Als Gegenleistung dafür beharrt der norwegische Reeder allerdings auf der Abwahl des Aufsichtsratsvorsitzenden Jürgen Krumnow. Dieser hat Fredriksens Einschätzung zufolge zugelassen, dass der Vorstand seit Jahren den Wert des Unternehmens nicht steigert, sondern vernichtet. Zudem will Fredriksen selbst diesen frei werdenden Platz für sich in Anspruch nehmen.
Fredriksen vertrat seine Meinung am Mittwoch in Hannover nicht selbst. Aus gesundheitlichen Gründen schickte er seinen Vertrauten Tor Olav Troim. Der begründete die Forderungen des mit aktuell 11,747% beteiligten Fredriksen mit der bei TUI nicht "sehr ausgeprägten" Corporate Gouvernance. Zu viele Mitglieder dieses Gremiums würden geschäftliche Beziehungen mit dem Konzern unterhalten und könnten deswegen keine unabhängigen Entscheidungen treffen, führte Troim aus.
Würden sie gegen bestimmte Vorschläge stimmen, würden sie ihr Geschäft mit TUI verlieren. Aus diesem Grund müssten unabhängige Personen das Kontrollgremium besetzen. Fredriksen hält sich dafür als geeignet, da er keinerlei geschäftliche Beziehungen zu TUI unterhält. Abgesehen davon habe Fredriksen eine große Expertise in der Schifffahrt und könnte den Aufsichtsrat bei der geplanten Desinvestition der Containerschifffahrtssparte beraten.
Bereits vor der Hauptversammlung hatte Troim sich gegen die Pläne des TUI-Managements zum Verkauf von Hapag-Lloyd ausgesprochen. Beim gegenwärtigen Finanzmarktumfeld rechnet er mit keinem angemessenen Verkaufspreis. Er plädierte deswegen für eine Abspaltung, eine Weiterentwicklung des Geschäftes und einen anschließenden Börsengang.
Fredriksen bekräftigte sein Interesse als TUI-Aktionär und seine Verbundenheit zu dem Unternehmen. Vorausgesetzt, es werde kein reines Touristikunternehmen. Sollte dies geschehen, werde sich der Reeder auf langfristige Sicht als Aktionär zurückziehen. Mit Touristik ist seiner Einschätzung zufolge kein Gewinn zu machen. Und genau dies sei aber sein Wunsch. Fredriksen sei bei TUI wegen des Schifffahrtsgeschäftes eingestiegen mit einer Aussicht auf eine Steigerung der Werte, sagte Troim.

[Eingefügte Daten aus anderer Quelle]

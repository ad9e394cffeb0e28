-- ===== src/Iso8583/Codec.antt =====
-- `ISO8583Codec.encode` and `ISO8583Codec.decode` of app/iso8583.py. `fields` is a mapping, so its
-- numbers are distinct, and each assignment of the loops adds an entry at the end.
use mathlib.Core.Option.{get_or}
use atlas_pay.Prelude.{
  ltb, leb, if◌then◌else◌, length, slice, codec_error, Result, ok, ◌>>=◌, ◌>>◌, raise_if, or_raise,
  ◌==◌, nat_eq, text_eq, Text, Bytes, is_ascii, is_ascii_digits, ℕ, not, ◌&&◌, ◌||◌, List, [], ◌∷◌,
  ◌++◌,
}
use atlas_pay.Prelude.Bits.{test_bit, from_bytes}
use atlas_pay.Prelude.Dict.{Dict, keys, lookup}
use atlas_pay.Prelude.Sorting.{sorted}
use atlas_pay.Iso8583.Spec.{FieldValue, FieldSpec, Iso8583Message}
use atlas_pay.Iso8583.Bitmap.{encode_bitmap, decode_field_numbers}
use atlas_pay.Iso8583.Field.{encode_field, decode_field}

unfoldable pub encode_mti : Text → Result Bytes
encode_mti mti = do
  raise_if (not (length mti == 4) || not (is_ascii_digits mti)) codec_error
  ok mti

unfoldable pub decode_mti : Bytes → Result Text
unfolding encode_mti
decode_mti raw = do raise_if (not (is_ascii raw)) codec_error; _ ← encode_mti raw; ok raw

unfoldable pub validate_field_number : ℕ → Result (Unit {0})
validate_field_number number = raise_if (not (leb 2 number && leb number 128)) codec_error

-- The loop of `encode` over `message.fields.items()`.
unfoldable pub encode_fields : Dict ℕ FieldSpec → Dict ℕ FieldValue → Result (Dict ℕ Bytes)
unfolding validate_field_number
encode_fields specs [] = ok []
encode_fields specs ((number, value) ∷ fields) = do
  validate_field_number number
  s ← or_raise (lookup number specs) codec_error
  raw ← encode_field s value
  rest ← encode_fields specs fields
  ok ((number, raw) ∷ rest)

-- `b"".join(normalized_fields[number] for number in numbers)`
unfoldable pub join_fields : Dict ℕ Bytes → List ℕ → Bytes
join_fields d [] = []
join_fields d (number ∷ numbers) = get_or (lookup number d) [] ++ join_fields d numbers

unfoldable pub encode : Dict ℕ FieldSpec → Iso8583Message → Result Bytes
encode specs message = do
  mti ← encode_mti message.mti
  normalized ← encode_fields specs message.fields
  ok (mti ++ (encode_bitmap (keys normalized) ++ join_fields normalized (sorted (keys normalized))))

-- The loop of `decode` over the field numbers, from an offset.
unfoldable pub decode_fields :
    Dict ℕ FieldSpec → Bytes → ℕ → List ℕ → Result (Dict ℕ FieldValue × ℕ)
decode_fields specs raw offset [] = ok ([], offset)
decode_fields specs raw offset (number ∷ numbers) = do
  s ← or_raise (lookup number specs) codec_error
  (value, next) ← decode_field s raw offset
  (fields, last) ← decode_fields specs raw next numbers
  ok ((number, value) ∷ fields, last)

unfoldable pub decode : Dict ℕ FieldSpec → Bytes → Result Iso8583Message
unfolding decode_mti decode_fields
decode specs raw = do
  raise_if (ltb (length raw) 12) codec_error
  mti ← decode_mti (slice raw 0 4)
  let primary = from_bytes (slice raw 4 12)
  let secondary = test_bit primary 63
  let bitmap_end : ℕ = if secondary then 20 else 12
  raise_if (ltb (length raw) bitmap_end) codec_error
  let numbers = decode_field_numbers primary (if secondary then slice raw 12 20 else [])
  (fields, offset) ← decode_fields specs raw bitmap_end numbers
  raise_if (not (offset == length raw)) codec_error
  ok (record { mti = mti; fields = fields })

Seine Verbundenheit zum Unternehmen macht Fredriksen auch an seinem Wunsch fest, weitere TUI-Aktien zu kaufen. So habe er dem zweitgrößten Aktionär Alexey Mordashov am Vortag den Kauf seines rund 10%igen Aktienpaketes für einen Stückpreis für 19 EUR angeboten. Der russische Investor habe aber abgelehnt. An der Börse will der Großaktionär aber nicht zukaufen. Er will nur Anteile von touristisch orientierten Aktionären, die die Strategie des Vorstandes unterstützen. Die diesem Lager zuzurechnenden Anteilseigner hat er bislang aber nicht gefragt.
Fredriksen versicherte der Hauptversammlung, dass er "kein Unruhestifter, kein Hedge Fonds, kein Finanzinvestor" sei, sondern ein Aktionär, der Werte schaffen und Arbeitsplätze erhalten wolle. Er sei mit den besten Absichten bei TUI eingestiegen, habe dann aber intensiver eingreifen müssen als der Vorstand durch andauernde "Strategieänderungen" aufgefallen sei.
TUI-Vorstandsvorsitzender Michael Frenzel hatte der Hauptversammlung zuvor noch einmal erklärt, dass die beschlossene Trennung von der Schifffahrtssparte unumstößlich sei. Gegenwärtig prüft das Management alle Optionen, favorisiert derzeit einen Verkauf. Dieser ist seinen Angaben zufolge am schnellsten und einfachsten durchzuführen und verspreche einen sehr hohen Gewinn.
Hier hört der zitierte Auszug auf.